Items 10 & 11, regarding the land swap with the community college district and construction of a new street also brought some discussion over the amount of traffic that would be generated by the new street. Community Development Director Elizabeth Binsack advised the council on a last minute letter received the day of the meeting. That letter was not in the staff report but Elizabeth was kind enough to send us a copy. The letter, from the city of Irvine, basically lamented their concerns over traffic and asked the city to include a larger area for traffic study. Binsack explained the issues had been answered, at least to Tustin’s satisfaction and said nothing further would be done at this time (how many ways can we say it, Irvine?). These items passed unanimously after discussion.
Without further ado, the item concerning the stipends for commissioners and their removal upon attainng a city elected office was read and passed with Councilmember Gomez dissenting. As we said before, apparently the Fab Four didn’t want the same thing to happen to the commissioners, who actually spend a good deal of time on city business, as happened to the city council in regard to stipends. Gomez rightfully questioned this but was met with the wall of silence in her protest.

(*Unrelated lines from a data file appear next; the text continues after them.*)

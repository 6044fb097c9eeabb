-- ===== src/Auth/Deniable.antt =====
-- The deniable authenticator: what VerifyCbAuth accepts.
use simplex_go.Base.{
  ◌+◌, ◌≡◌, refl, ap, ◌∙◌, ◌≢◌, ◌↔◌, inl, inr, Bool, true, false, Option, none, some, ◌==◌, ==_iff,
  Bool-cases, length, Bytes, bytes_eq_iff, ok,
}
use simplex_go.Auth.{
  Crypto, cb_authenticator_size, copied, derive_shared, cb_authorize, same_digest, verify_cb_auth,
}

-- What the packages document: the size of a digest, and that secretbox adds 16 bytes, opens what it
-- has sealed, and opens nothing else.
pub record Laws (crypto : Crypto) : Type 0 where
  pub length-sum512 : (m : Bytes) → length (crypto.sum512 m) ≡ 64
  pub length-seal : (m n k : Bytes) → length (crypto.seal m n k) ≡ 16 + length m
  pub open_box-seal : (m n k : Bytes) → crypto.open_box (crypto.seal m n k) n k ≡ some m
  pub seal-open_box :
      (m n k box : Bytes) → crypto.open_box box n k ≡ some m → box ≡ crypto.seal m n k

-- The authenticator of the authorized bytes under a shared secret.
abbrev pub authenticator : Crypto → (shared nonce authorized : Bytes) → Bytes
authenticator crypto shared nonce authorized =
    crypto.seal (crypto.sum512 authorized) (copied 24 nonce) (copied 32 shared)

derive_shared-sizes :
    (crypto : Crypto) (priv peer_pub shared : Bytes)
    → derive_shared crypto priv peer_pub ≡ ok shared
    → ((length priv == 32) ≡ true) × ((length peer_pub == 32) ≡ true)
unfolding derive_shared
derive_shared-sizes crypto priv peer_pub shared e = elim (Bool-cases (length priv == 32)) [
  | inr short_priv ↦ cc (rw short_priv at e)
  | inl full ↦ elim (Bool-cases (length peer_pub == 32)) [
    | inr short_pub ↦ cc (rw (full, short_pub) at e)
    | inl also ↦ (full, also)
  ]
]

decided :
    (b : Bool) (P L : Type 0)
    → L
    → ((b ≡ true) ↔ P)
    → ((ok b ≡ ok true) ↔ P) × ((ok b ≡ ok false) ↔ (L × ¬ P))
decided true P L l h =
    ((λ e. h.0 refl, λ p. refl), (λ e. absurd (cc e), λ q. absurd (q.1 (h.0 refl))))
decided false P L l h =
    ((λ e. absurd (cc e), λ p. ap ok (h.1 p)), (λ e. (l, λ p. absurd (cc (h.1 p))), λ q. refl))

module _ (crypto : Crypto) (laws : Laws crypto) where
  length-authenticator :
      (shared nonce authorized : Bytes) → length (authenticator crypto shared nonce authorized) ≡ 80
  length-authenticator shared nonce authorized =
      laws.length-seal _ _ _ ∙ ap (◌+◌ 16) (laws.length-sum512 authorized)

  opens :
      (tag nonce authorized shared : Bytes) (o : Option Bytes)
      → crypto.open_box tag (copied 24 nonce) (copied 32 shared) ≡ o
      → (same_digest (crypto.sum512 authorized) o ≡ true)
        ↔ (tag ≡ authenticator crypto shared nonce authorized)
  unfolding same_digest
  opens tag nonce authorized shared none q = (
    λ h. absurd (cc h),
    λ p. absurd (
        cc (
          q,
          p,
          laws.open_box-seal (crypto.sum512 authorized) (copied 24 nonce) (copied 32 shared),
        )),
  )
  opens tag nonce authorized shared (some plain) q = (
    λ h.
        laws.seal-open_box plain _ _ tag q
        ∙ ap (λ (m : Bytes). crypto.seal m (copied 24 nonce) (copied 32 shared))
            ((bytes_eq_iff plain (crypto.sum512 authorized)).0 h),
    λ p. (bytes_eq_iff plain (crypto.sum512 authorized)).1 (
        cc (
          q,
          p,
          laws.open_box-seal (crypto.sum512 authorized) (copied 24 nonce) (copied 32 shared),
        )),
  )

  -- With a key pair from which a shared secret can be derived, VerifyCbAuth returns true exactly for
  -- the one tag that is the box of the digest of the authorized bytes under that secret and nonce,
  -- and for every other tag of 80 bytes it returns false without an error.
  pub verify_cb_auth-eq-ok_iff :
      (peer_pub own_priv nonce tag authorized shared : Bytes)
      → derive_shared crypto own_priv peer_pub ≡ ok shared
      → ((verify_cb_auth crypto peer_pub own_priv nonce tag authorized ≡ ok true)
          ↔ (tag ≡ authenticator crypto shared nonce authorized))
        × ((verify_cb_auth crypto peer_pub own_priv nonce tag authorized ≡ ok false)
            ↔ ((length tag ≡ 80) × (tag ≢ authenticator crypto shared nonce authorized)))
  unfolding verify_cb_auth
  verify_cb_auth-eq-ok_iff peer_pub own_priv nonce tag authorized shared e =
      elim (Bool-cases (length tag == 80)) [
        | inr wrong ↦
            let no : tag ≢ authenticator crypto shared nonce authorized = λ p. absurd (
              cc (
                wrong,
                (==_iff (length tag) 80).1
                    (ap length p ∙ length-authenticator shared nonce authorized),
              )) in
            rw wrong (
              (λ h. cc, λ p. absurd (no p)),
              (λ h. cc, λ h. absurd (cc (wrong, (==_iff (length tag) 80).1 h.0))),
            )
        | inl sized ↦
            rw (sized, e)
              (decided
                (same_digest (crypto.sum512 authorized)
                  (crypto.open_box tag (copied 24 nonce) (copied 32 shared)))
                (tag ≡ authenticator crypto shared nonce authorized) (length tag ≡ 80)
                ((==_iff (length tag) 80).0 sized)
                (opens tag nonce authorized shared
                  (crypto.open_box tag (copied 24 nonce) (copied 32 shared)) refl))
      ]

  -- Two sides that derive the same secret: the authenticator that one makes is 80 bytes, and the
  -- other verifies it, for the same nonce and authorized bytes.
  pub verify_cb_auth-cb_authorize :
      (priv peer_pub own_priv own_pub nonce authorized shared : Bytes)
      → derive_shared crypto priv peer_pub ≡ ok shared
      → derive_shared crypto own_priv own_pub ≡ ok shared
      → (tag : Bytes) × (cb_authorize crypto priv peer_pub authorized nonce ≡ ok tag)
        × (length tag ≡ cb_authenticator_size)
        × (verify_cb_auth crypto own_pub own_priv nonce tag authorized ≡ ok true)
  unfolding cb_authorize
  verify_cb_auth-cb_authorize priv peer_pub own_priv own_pub nonce authorized shared e e' =
      let (s, s') = derive_shared-sizes crypto priv peer_pub shared e in
      let n = length-authenticator shared nonce authorized in
      (
        authenticator crypto shared nonce authorized,
        rw (s, s', e, (==_iff _ 80).1 n),
        n,
        (verify_cb_auth-eq-ok_iff own_pub own_priv nonce _ authorized shared e').0.1 refl,
      )
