-- ===== src/Ingest/Types.antt =====
-- internal/ingest/types.go. A time.Duration is its nanoseconds.
use twinval_go_backend.Prelude.{ℕ, ◌*◌, ◌^◌, List, []}
use twinval_go_backend.Prelude.Int.{ℤ, pos}
use twinval_go_backend.Prelude.Text.{Text, codes}
use twinval_go_backend.Float.{Float64, fl}
use twinval_go_backend.Condition.Types.{PropertyMeta}

pub record IngestConfig (W : Type 0) : Type 0 where
  pub webhook_listen_addr : Text
  pub webhook_path : Text
  pub bms_poll_url : Text
  pub bms_poll_interval : ℤ
  pub bms_http_timeout : ℤ
  pub subscriber_buffer_size : ℤ
  pub default_property_meta : PropertyMeta W
  pub default_expected_readings_per_sensor : ℤ

pub record WebhookReading (W : Type 0) : Type 0 where
  pub sensor_id : Text
  pub sensor_type : Text
  pub zone : Text
  pub timestamp_ns : ℤ
  pub value : W
  pub calibration_days_ago : W

pub record WebhookPayload (W : Type 0) : Type 0 where
  pub property_id : Text
  pub window_start_ns : ℤ
  pub window_end_ns : ℤ
  pub readings : List (WebhookReading W)

pub record BmsReading (W : Type 0) : Type 0 where
  pub sensor_tag : Text
  pub type : Text
  pub zone : Text
  pub timestamp_ms : ℤ
  pub reading : W
  pub days_since_cal : W

pub record BmsResponse (W : Type 0) : Type 0 where
  pub property_id : Text
  pub readings : List (BmsReading W)

pub record IngestError : Type 0 where
  pub code : ℕ
  pub message : Text

abbrev new_bad_request : Text → IngestError
new_bad_request msg = record { code = 400; message = msg }

abbrev pub new_unprocessable : Text → IngestError
new_unprocessable msg = record { code = 422; message = msg }

-- time.Second.
abbrev pub seconds : ℕ → ℤ
seconds n = pos (n * 10 ^ 9)

module _ {W : Type 0} ⦃d : Float64 W⦄ where
  abbrev pub default_ingest_config : IngestConfig W
  default_ingest_config = record {
    webhook_listen_addr = codes ":8080";
    webhook_path = codes "/webhook/sensors";
    bms_poll_url = [];
    bms_poll_interval = seconds 30;
    bms_http_timeout = seconds 10;
    subscriber_buffer_size = pos 64;
    default_property_meta = record {
      chronological_age = fl 0;
      maintenance_sensitivity = fl 0;
      condition_quality = fl 0;
    };
    default_expected_readings_per_sensor = pos 1;
  }
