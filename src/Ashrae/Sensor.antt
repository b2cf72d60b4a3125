-- ===== src/Ashrae/Sensor.antt =====
-- internal/ashrae/sensor.go: the engine, and the batch that it makes of an hour. What it draws is in
-- Ashrae.Sampling.
pub mod Ranges
pub mod Scores
use twinval_go_backend.Prelude.{
  ℕ, ◌+◌, ◌*◌, ◌%◌, ◌^◌, Bool, Option, none, some, List, [], ◌∷◌, if◌then◌else◌, leb,
}
use twinval_go_backend.Prelude.Int.{ℤ, pos, negsuc, ◌+ℤ◌, ◌-ℤ◌, int64}
use twinval_go_backend.Prelude.Text.{Text, codes}
use twinval_go_backend.Prelude.Maps.{lookup, insert, keys}
use twinval_go_backend.Float.{Float64, fl, decimal, ◌⊕◌, ◌⊖◌, ◌⊗◌, ◌⊘◌, ◌<?◌}
use twinval_go_backend.Float.Order.{clamp}
use twinval_go_backend.Condition.Types.{
  SensorType, RawSensorReading, RawSensorBatch, PropertyMeta, sensor_vibration, sensor_strain,
  sensor_temperature, sensor_humidity, sensor_pm25, sensor_occupancy, sensor_electrical,
  sensor_water,
}
use twinval_go_backend.Ingest.Types.{seconds}
use twinval_go_backend.Ashrae.Buildings.{MeterProfile, Building}
use twinval_go_backend.Ashrae.Weather.{WeatherStat, WeatherProfile, WeatherReading}
use twinval_go_backend.Ashrae.Sampling.{
  SensorLibrary, clamp01, minus_half, profile_of, round4, meter_readings, weather_reading,
}

pub record SensorEngine (W G : Type 0) : Type 0 where
  pub building : Building W
  pub weather : WeatherProfile W
  pub rng : G
  pub hour_index : ℤ

-- `time` is the number of hours after BaseTime.
pub record SensorReading (W : Type 0) : Type 0 where
  pub time : ℤ
  pub hour : ℕ
  pub day_of_week : ℕ
  pub day_of_year : ℕ
  pub vibration : W
  pub strain : W
  pub moisture : W
  pub temperature : W
  pub occupancy : W
  pub electrical_load : W
  pub air_quality : W
  pub meter_readings : List (Text × W)
  pub weather : WeatherReading W

unfoldable python_weekday : ℕ → ℕ
python_weekday weekday = (weekday + 6) % 7

module _ {W : Type 0} ⦃d : Float64 W⦄ where
  abbrev meter_of : Text → List (Text × W) → W
  meter_of name m = elim (lookup name m) [ none ↦ fl 0 | some v ↦ v ]

module _ {W G : Type 0} ⦃d : Float64 W⦄ (lib : SensorLibrary W G) where
  unfoldable pub new_engine : Building W → WeatherProfile W → ℤ → SensorEngine W G
  new_engine b w hour_offset = record {
    building = b;
    weather = w;
    rng = lib.new_pcg b.id ((b.id * 2 + 1) % 2 ^ 64);
    hour_index = hour_offset;
  }

  unfoldable occupancy_of : MeterProfile W → ℕ → ℕ → W → W
  occupancy_of elec_profile hour py_dow n =
      let diurnal =
        lib.exp
          (minus_half ⊗ d.pow ((fl hour ⊖ fl elec_profile.peak_hour) ⊘ decimal 35_000) (fl 2)) in
      let weekend = if leb 5 py_dow then decimal 3000 else fl 1 in
      clamp01 (diurnal ⊗ weekend ⊕ n ⊗ decimal 500)

  unfoldable moisture_of : WeatherReading W → W
  moisture_of w =
      let base = w.humidity_pct ⊘ fl 100 in
      let dew_proximity =
        d.max (fl 0) (fl 1 ⊖ (w.air_temperature_c ⊖ w.dew_temperature_c) ⊘ fl 10) in
      let precip_factor = d.min (fl 1) (w.precip_depth_mm ⊘ fl 20) in
      clamp01 (decimal 5000 ⊗ base ⊕ decimal 3000 ⊗ dew_proximity ⊕ decimal 2000 ⊗ precip_factor)

  unfoldable vibration_of : W → WeatherReading W → W → W
  vibration_of electrical_load w n =
      let hvac_vibration = electrical_load ⊗ decimal 6000 in
      let structural_base = decimal 200 ⊕ decimal 100 ⊗ (w.wind_speed_ms ⊘ fl 10) in
      clamp01 (hvac_vibration ⊗ decimal 1500 ⊕ structural_base ⊕ n ⊗ decimal 150)

  unfoldable strain_of : W → W → W → W
  strain_of temp_stress occupancy n =
      clamp01 (temp_stress ⊗ decimal 800 ⊕ occupancy ⊗ decimal 500 ⊕ n ⊗ decimal 100)

  unfoldable air_quality_stress_of : W → W → W → W
  air_quality_stress_of electrical_load occupancy n =
      let hvac_efficiency = fl 1 ⊖ electrical_load ⊗ decimal 3000 in
      let aq_base = fl 1 ⊖ occupancy ⊗ decimal 4000 in
      fl 1 ⊖ clamp01 (aq_base ⊗ hvac_efficiency ⊕ n ⊗ decimal 300)

  unfoldable pub next : SensorEngine W G → SensorReading W × SensorEngine W G
  unfolding python_weekday meter_readings weather_reading occupancy_of moisture_of vibration_of
      strain_of air_quality_stress_of round4 ◌+ℤ◌ int64
  next e =
      let t = e.hour_index in
      let hour = lib.hour t in
      let py_dow = python_weekday (lib.weekday t) in
      let doy = lib.year_day t in
      let profiles = e.building.meter_profiles in
      let (meters, g) =
        meter_readings lib profiles hour py_dow doy (lib.sort_strings (keys profiles)) [] e.rng in
      let (weather, g₀) = weather_reading lib e.weather doy hour g in
      let elec_profile = profile_of (codes "electricity_kwh") profiles in
      let elec_capacity = elec_profile.mean ⊗ decimal 25_000 in
      let electrical_load = clamp01 (meter_of (codes "electricity_kwh") meters ⊘ elec_capacity) in
      let (n₁, g₁) = lib.norm_float64 g₀ in
      let occupancy = occupancy_of elec_profile hour py_dow n₁ in
      let temp_stress = clamp01 (d.abs (weather.air_temperature_c ⊖ fl 22) ⊘ fl 20) in
      let moisture = moisture_of weather in
      let (n₂, g₂) = lib.norm_float64 g₁ in
      let vibration = vibration_of electrical_load weather n₂ in
      let (n₃, g₃) = lib.norm_float64 g₂ in
      let strain = strain_of temp_stress occupancy n₃ in
      let (n₄, g₄) = lib.norm_float64 g₃ in
      let air_quality_stress = air_quality_stress_of electrical_load occupancy n₄ in
      (
        record {
          time = t;
          hour = hour;
          day_of_week = py_dow;
          day_of_year = doy;
          vibration = round4 lib vibration;
          strain = round4 lib strain;
          moisture = round4 lib moisture;
          temperature = round4 lib temp_stress;
          occupancy = round4 lib occupancy;
          electrical_load = round4 lib electrical_load;
          air_quality = round4 lib air_quality_stress;
          meter_readings = meters;
          weather = weather;
        },
        record e { rng = g₄; hour_index = int64 (t +ℤ pos 1) },
      )

module _ {W G : Type 0} ⦃d : Float64 W⦄ (lib : SensorLibrary W G) where
  unfoldable pub to_raw_sensor_batch :
      SensorReading W → Text → PropertyMeta W → W → RawSensorBatch W
  unfolding ◌-ℤ◌ int64
  to_raw_sensor_batch r property_id meta calibration_days_ago =
      let ts_ns = lib.unix_nano r.time in
      let mk : Text → SensorType → W → RawSensorReading W = λ id st value. record {
        sensor_id = id;
        sensor_type = st;
        zone = codes "ashrae";
        timestamp_ns = ts_ns;
        value = value;
        calibration_days_ago = calibration_days_ago;
      } in
      record {
        property_id = property_id;
        readings =
            mk (codes "vib1") sensor_vibration (r.vibration ⊗ decimal 5000)
            ∷ mk (codes "str1") sensor_strain (r.strain ⊗ fl 1000)
            ∷ mk (codes "tmp1") sensor_temperature r.weather.air_temperature_c
            ∷ mk (codes "hum1") sensor_humidity r.weather.humidity_pct
            ∷ mk (codes "pm1") sensor_pm25 (r.air_quality ⊗ fl 100)
            ∷ mk (codes "occ1") sensor_occupancy r.occupancy
            ∷ mk (codes "el1") sensor_electrical r.electrical_load
            ∷ mk (codes "wat1") sensor_water (decimal 3000 ⊕ r.electrical_load ⊗ decimal 4000)
            ∷ [];
        window_start_ns = int64 (ts_ns -ℤ seconds 3600);
        window_end_ns = ts_ns;
        expected_readings_per_sensor = pos 1;
        property_meta = meta;
      }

The final item of the night was the Legislative Report and it was, again, councilmember Gomez who showed she was the only one with an independent mind on the dais. While the Fab Four were willing to be led blindly by their collective noses, Gomez asked for time to study the bills they were supporting and opposing. Lawyer Kendig, who is always in a hurry to align himself with staff, indicated there was an urgency factor in responding to the letters.
Now, most of my loyal readers know that Councilman John Nielsen is a lifelong Boy Scout and will fall all over himself to praise, publicize and applaud the BSA to the point where one might wonder who he actually works for. All I can figure is it must be like the Skull and Bones Society – one has to be in on the secret to know why all the members have that stupid smirk on their face.
Anyway, the motion on the Boy Scouts passed 4-1. Both of the other letters passed unanimously.
Not much in the way of councilmember comments although the Podiatrist Councilman must not have gotten much sleep (and his exciting dissertation on his political life and tie wardrobe was putting us to sleep). For those that don’t know, Channel 7 came to the Creme Pan Bakery in Old Town where Mayor Murray and Councilmember Gomez helped represent the city along with a slew of kids from our high schools. Although my daughter wasn’t there, the Foothill High School Madrigals sang a song or two and made us proud.
We have a couple of weeks before the next exciting installment of the Tustin City Council. In the meantime, join us for the Annual Tustin Chili Cookoff on June 2. The first chili tasting is on me. Also, please join in one of the many upcoming memorial services in the county on Memorial Day. You will find me at the Westminster Memorial Park where various veteran and community organizations, including the last of the Pearl Harbor Survivors Association will lay wreathes at their military memorial.
The city apparently fixed the video problem they had with the May 7th meeting and the video is finally up for viewing. We’ll let you know if we find anything interesting that we haven’t already reported on. We are wondering if the issues had to do with their recent changeover to allow direct downloading of the video, something we applaud as a step toward a more open government.
May 21st could be a busy day for the city council. The Closed Session, which begins at 5:30 pm, makes no mention of labor contracts. Negotiations have been in progress for the past couple of weeks. Most of the employees in the city are represented by the Orange County Employees Association. The grapevine tells me the city may be looking for increased pension payments as they are in a hurry to catch up the unfunded liability. City employees belong to CalPERS, not the County pension system, OCERS. Too bad. OCERS is doing quite well at this time, even though the OC Board of Supervisors would like the voters to think otherwise.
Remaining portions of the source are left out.